Look through the records below for the line with "-- ===== src/AdminApi/Audit.antt" and the line with "pub events : List AuditEvent", then return those lines and all lines between, exactly.
───── MATERIAL SHOWN ─────
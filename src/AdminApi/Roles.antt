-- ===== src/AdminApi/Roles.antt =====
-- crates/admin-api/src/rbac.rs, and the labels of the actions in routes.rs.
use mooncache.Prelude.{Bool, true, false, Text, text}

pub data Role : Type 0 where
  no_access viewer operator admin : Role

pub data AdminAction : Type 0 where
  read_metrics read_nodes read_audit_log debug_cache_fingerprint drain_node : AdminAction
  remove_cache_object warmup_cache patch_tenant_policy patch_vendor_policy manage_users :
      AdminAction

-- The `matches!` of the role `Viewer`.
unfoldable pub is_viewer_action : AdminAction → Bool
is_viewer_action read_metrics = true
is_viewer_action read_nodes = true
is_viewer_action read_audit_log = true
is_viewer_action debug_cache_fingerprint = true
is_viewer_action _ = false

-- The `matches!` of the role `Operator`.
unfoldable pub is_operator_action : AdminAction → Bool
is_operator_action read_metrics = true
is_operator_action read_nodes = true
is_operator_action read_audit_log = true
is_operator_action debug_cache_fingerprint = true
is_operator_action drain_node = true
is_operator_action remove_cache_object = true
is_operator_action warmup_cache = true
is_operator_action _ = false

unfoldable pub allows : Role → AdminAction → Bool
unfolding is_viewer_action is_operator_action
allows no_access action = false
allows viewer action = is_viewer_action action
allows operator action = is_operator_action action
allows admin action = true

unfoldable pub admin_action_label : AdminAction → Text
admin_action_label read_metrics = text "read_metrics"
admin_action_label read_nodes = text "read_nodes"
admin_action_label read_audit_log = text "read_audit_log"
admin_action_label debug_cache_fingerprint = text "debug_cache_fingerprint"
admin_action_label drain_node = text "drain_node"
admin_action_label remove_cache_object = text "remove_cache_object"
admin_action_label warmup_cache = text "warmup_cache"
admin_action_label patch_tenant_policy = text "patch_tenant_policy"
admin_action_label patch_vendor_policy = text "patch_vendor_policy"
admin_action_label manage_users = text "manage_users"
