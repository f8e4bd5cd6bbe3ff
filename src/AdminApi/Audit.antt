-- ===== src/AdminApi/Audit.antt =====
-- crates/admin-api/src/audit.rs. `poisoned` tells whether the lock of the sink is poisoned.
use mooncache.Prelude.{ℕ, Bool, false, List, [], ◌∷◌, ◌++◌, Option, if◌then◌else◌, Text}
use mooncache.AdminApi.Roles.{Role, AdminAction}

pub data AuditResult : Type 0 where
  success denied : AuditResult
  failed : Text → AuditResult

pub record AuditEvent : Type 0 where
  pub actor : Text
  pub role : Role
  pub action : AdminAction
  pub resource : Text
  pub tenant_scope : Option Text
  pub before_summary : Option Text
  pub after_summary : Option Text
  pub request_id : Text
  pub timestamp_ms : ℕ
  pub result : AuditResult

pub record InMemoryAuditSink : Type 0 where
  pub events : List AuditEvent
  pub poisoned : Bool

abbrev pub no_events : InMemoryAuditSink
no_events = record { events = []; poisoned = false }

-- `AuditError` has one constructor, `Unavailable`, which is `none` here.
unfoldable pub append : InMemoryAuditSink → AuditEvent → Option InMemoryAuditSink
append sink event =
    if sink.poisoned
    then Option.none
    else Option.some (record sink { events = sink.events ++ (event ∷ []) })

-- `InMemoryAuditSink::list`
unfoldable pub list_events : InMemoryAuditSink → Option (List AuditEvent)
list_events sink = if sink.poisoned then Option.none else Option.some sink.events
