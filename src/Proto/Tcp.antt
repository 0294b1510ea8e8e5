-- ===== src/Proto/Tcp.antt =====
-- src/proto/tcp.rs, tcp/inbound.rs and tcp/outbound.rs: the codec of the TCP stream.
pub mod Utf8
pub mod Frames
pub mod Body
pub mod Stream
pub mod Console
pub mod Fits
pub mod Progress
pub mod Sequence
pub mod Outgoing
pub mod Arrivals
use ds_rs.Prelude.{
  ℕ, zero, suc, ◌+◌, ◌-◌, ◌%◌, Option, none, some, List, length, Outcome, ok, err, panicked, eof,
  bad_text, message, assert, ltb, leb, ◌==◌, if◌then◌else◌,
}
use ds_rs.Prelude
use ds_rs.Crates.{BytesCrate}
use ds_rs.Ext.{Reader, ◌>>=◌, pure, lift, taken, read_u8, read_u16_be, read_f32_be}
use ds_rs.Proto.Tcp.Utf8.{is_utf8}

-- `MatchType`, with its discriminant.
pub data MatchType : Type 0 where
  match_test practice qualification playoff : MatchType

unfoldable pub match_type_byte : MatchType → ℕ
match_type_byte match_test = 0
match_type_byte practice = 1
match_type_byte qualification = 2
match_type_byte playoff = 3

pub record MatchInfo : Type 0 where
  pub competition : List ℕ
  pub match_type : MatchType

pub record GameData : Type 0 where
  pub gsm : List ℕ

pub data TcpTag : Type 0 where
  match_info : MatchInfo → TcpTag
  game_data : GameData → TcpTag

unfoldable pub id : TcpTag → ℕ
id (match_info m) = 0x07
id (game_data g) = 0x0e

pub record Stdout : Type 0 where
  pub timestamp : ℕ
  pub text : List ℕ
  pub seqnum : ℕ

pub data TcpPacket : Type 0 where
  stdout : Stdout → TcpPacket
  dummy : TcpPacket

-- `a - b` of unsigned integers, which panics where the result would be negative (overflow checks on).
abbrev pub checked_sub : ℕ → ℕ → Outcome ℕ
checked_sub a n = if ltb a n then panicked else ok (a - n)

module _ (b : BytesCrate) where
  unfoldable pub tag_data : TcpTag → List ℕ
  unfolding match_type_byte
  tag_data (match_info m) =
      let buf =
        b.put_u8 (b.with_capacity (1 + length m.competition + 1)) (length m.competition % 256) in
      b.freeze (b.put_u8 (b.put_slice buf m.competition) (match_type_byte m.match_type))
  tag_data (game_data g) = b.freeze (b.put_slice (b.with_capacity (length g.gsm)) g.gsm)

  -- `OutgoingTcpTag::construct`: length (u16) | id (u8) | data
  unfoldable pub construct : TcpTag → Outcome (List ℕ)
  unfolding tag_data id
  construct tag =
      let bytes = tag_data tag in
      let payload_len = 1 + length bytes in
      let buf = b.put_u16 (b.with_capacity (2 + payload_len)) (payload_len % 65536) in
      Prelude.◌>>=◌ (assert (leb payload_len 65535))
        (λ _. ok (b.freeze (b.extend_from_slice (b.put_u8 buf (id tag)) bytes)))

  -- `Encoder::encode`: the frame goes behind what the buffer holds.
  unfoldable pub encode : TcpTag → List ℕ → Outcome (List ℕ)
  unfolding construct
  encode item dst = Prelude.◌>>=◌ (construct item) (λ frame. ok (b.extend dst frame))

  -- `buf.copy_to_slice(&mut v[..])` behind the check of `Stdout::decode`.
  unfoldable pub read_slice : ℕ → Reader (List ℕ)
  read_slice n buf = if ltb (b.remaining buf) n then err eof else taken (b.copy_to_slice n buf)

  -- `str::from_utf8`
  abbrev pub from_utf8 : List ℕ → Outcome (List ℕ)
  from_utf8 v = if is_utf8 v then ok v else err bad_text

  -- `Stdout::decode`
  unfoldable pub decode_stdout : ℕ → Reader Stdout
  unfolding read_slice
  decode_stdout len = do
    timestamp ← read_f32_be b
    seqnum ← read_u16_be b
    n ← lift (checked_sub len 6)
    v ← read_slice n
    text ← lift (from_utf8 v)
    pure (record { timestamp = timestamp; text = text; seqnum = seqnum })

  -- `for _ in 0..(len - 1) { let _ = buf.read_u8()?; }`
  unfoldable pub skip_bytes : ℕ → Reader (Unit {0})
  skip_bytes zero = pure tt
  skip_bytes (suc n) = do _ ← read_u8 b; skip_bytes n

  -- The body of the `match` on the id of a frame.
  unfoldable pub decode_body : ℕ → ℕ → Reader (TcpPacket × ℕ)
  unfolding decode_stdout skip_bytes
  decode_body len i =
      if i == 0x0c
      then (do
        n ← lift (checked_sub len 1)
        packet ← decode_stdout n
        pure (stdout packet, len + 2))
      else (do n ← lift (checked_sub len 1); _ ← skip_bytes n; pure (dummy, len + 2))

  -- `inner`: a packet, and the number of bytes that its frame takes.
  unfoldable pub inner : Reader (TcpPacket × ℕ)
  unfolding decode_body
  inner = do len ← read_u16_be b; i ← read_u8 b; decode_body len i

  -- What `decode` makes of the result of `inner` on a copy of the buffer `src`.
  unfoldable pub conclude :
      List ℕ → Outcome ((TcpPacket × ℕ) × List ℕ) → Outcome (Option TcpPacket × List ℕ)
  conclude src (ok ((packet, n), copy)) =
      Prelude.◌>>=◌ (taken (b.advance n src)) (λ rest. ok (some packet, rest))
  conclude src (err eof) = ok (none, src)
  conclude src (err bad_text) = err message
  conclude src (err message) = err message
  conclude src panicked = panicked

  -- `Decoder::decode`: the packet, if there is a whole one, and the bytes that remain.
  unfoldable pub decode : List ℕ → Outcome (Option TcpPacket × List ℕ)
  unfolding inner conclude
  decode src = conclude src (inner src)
─────
───── MATERIAL SHOWN ─────
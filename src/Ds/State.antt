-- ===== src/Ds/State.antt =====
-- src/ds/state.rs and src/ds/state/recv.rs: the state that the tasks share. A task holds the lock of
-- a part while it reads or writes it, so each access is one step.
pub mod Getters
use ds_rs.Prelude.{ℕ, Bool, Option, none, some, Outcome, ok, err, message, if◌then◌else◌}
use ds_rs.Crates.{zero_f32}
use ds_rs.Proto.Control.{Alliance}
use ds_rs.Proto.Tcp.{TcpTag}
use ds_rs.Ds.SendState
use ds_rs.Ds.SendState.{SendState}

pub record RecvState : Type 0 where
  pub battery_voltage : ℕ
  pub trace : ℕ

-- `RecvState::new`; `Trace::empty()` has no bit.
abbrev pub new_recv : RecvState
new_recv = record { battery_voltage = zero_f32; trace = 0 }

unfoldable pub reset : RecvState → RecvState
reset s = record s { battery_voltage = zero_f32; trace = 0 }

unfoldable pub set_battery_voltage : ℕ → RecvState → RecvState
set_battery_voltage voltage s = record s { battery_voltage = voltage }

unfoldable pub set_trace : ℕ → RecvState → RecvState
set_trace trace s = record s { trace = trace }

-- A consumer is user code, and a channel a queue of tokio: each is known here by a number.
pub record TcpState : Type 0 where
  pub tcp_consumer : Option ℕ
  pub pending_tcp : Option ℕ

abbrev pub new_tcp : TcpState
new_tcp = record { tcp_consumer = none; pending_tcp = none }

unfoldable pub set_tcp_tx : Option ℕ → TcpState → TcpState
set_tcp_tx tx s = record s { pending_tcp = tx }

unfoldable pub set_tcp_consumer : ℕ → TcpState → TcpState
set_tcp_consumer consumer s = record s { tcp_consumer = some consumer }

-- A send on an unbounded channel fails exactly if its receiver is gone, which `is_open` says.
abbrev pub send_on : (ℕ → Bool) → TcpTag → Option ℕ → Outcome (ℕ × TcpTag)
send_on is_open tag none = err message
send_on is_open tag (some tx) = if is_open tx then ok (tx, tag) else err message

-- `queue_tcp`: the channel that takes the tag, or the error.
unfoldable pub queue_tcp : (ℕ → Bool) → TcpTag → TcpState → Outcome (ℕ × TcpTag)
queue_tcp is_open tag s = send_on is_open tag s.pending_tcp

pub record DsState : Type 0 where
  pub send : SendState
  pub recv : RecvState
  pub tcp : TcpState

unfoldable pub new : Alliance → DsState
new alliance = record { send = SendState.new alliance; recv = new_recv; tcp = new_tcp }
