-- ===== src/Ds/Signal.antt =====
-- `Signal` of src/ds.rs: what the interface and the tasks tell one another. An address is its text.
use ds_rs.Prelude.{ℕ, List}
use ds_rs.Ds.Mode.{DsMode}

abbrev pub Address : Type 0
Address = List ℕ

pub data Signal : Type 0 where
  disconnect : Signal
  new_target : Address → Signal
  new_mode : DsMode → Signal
─────
───── MATERIAL SHOWN ─────
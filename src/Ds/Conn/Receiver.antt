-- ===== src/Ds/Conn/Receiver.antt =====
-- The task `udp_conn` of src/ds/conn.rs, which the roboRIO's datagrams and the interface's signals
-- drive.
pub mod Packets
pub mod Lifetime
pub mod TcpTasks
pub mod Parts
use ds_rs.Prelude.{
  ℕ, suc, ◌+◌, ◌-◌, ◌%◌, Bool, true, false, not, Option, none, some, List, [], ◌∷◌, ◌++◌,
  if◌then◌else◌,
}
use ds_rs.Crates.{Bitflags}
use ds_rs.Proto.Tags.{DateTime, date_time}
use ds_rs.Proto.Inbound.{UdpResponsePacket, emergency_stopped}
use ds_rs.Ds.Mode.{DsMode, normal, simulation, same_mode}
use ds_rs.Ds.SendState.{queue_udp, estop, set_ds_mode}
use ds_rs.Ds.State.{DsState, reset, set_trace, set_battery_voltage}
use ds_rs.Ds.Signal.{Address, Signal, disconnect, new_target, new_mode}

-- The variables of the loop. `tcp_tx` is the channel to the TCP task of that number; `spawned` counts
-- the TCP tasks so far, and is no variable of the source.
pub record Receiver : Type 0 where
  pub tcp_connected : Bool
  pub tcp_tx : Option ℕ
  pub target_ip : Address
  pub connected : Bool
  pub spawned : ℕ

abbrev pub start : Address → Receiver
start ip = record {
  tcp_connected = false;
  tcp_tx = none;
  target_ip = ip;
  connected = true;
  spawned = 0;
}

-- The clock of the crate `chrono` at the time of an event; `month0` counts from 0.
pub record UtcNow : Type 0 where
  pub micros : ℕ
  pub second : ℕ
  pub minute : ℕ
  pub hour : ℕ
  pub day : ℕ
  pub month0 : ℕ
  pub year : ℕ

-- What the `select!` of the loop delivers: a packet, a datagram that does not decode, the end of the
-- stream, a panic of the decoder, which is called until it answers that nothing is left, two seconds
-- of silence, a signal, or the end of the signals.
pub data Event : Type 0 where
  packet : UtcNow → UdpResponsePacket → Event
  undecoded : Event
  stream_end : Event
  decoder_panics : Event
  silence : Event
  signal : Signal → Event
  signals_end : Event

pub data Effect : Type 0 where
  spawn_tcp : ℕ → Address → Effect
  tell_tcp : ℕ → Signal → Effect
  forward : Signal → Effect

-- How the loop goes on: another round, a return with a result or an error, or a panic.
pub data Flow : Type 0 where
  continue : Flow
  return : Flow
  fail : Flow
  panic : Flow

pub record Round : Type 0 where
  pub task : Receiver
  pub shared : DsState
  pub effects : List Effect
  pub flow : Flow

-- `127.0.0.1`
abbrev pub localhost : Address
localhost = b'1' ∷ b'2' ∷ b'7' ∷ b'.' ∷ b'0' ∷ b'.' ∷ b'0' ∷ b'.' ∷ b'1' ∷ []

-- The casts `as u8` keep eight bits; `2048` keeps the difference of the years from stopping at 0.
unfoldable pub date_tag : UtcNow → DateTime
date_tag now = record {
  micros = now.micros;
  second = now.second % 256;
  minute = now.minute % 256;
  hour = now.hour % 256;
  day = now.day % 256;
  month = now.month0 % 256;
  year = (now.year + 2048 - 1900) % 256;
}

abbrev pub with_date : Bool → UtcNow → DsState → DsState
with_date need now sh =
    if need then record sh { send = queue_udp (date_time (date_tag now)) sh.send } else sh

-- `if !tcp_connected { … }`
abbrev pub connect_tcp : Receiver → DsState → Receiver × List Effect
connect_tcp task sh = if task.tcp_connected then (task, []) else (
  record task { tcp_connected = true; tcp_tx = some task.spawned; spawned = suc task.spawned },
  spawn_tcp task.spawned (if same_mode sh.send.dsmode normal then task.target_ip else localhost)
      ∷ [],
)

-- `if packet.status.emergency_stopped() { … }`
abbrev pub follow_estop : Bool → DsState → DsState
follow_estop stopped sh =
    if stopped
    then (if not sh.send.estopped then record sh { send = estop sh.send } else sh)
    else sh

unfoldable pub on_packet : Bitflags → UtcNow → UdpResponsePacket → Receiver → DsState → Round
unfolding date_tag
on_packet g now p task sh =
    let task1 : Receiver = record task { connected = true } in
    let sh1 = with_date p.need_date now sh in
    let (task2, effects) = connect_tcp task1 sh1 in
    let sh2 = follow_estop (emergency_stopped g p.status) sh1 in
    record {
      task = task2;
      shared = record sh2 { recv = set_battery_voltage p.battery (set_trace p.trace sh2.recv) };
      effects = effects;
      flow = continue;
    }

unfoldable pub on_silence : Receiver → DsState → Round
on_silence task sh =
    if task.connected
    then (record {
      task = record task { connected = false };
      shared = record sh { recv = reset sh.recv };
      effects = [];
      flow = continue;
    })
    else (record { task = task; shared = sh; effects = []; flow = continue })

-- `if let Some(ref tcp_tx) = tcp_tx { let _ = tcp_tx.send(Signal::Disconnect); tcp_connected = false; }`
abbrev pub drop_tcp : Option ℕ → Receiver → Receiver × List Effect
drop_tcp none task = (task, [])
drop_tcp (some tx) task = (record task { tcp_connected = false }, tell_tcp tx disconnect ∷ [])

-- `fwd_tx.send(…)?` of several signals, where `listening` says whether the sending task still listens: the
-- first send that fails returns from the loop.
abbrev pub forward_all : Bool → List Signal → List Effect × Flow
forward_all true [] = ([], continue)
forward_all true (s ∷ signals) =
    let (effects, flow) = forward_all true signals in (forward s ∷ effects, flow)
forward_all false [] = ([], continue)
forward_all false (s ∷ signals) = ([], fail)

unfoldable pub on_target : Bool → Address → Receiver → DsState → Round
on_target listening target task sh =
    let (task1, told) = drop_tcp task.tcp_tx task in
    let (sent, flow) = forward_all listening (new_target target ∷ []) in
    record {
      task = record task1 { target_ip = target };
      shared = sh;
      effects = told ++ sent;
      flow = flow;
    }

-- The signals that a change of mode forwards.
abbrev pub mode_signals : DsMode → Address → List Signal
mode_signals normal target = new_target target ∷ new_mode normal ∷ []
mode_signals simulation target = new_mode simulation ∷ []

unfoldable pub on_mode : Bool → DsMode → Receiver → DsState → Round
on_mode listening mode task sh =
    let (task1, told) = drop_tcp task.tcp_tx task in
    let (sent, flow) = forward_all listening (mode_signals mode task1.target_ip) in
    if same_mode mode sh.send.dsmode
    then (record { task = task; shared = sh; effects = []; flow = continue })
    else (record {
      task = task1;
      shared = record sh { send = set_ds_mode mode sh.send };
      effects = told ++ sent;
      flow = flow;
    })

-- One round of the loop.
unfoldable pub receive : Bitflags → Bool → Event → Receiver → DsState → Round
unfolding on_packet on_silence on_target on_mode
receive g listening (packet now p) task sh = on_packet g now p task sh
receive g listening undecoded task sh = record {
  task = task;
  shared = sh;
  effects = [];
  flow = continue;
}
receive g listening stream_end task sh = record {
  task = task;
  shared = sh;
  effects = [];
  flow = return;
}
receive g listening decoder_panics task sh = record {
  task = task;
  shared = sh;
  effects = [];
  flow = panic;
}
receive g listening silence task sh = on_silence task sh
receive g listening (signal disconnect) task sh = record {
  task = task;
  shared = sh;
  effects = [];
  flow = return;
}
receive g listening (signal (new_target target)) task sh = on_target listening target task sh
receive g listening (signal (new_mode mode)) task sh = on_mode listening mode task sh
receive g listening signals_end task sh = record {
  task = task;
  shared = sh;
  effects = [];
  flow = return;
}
─────
=== YOUR RESPONSE ===
-- ===== src/AdminApi/Audit.antt =====
-- crates/admin-api/src/audit.rs. `poisoned` tells whether the lock of the sink is poisoned.
use mooncache.Prelude.{ℕ, Bool, false, List, [], ◌∷◌, ◌++◌, Option, if◌then◌else◌, Text}
use mooncache.AdminApi.Roles.{Role, AdminAction}

pub data AuditResult : Type 0 where
  success denied : AuditResult
  failed : Text → AuditResult

pub record AuditEvent : Type 0 where
  pub actor : Text
  pub role : Role
  pub action : AdminAction
  pub resource : Text
  pub tenant_scope : Option Text
  pub before_summary : Option Text
  pub after_summary : Option Text
  pub request_id : Text
  pub timestamp_ms : ℕ
  pub result : AuditResult

pub record InMemoryAuditSink : Type 0 where
  pub events : List AuditEvent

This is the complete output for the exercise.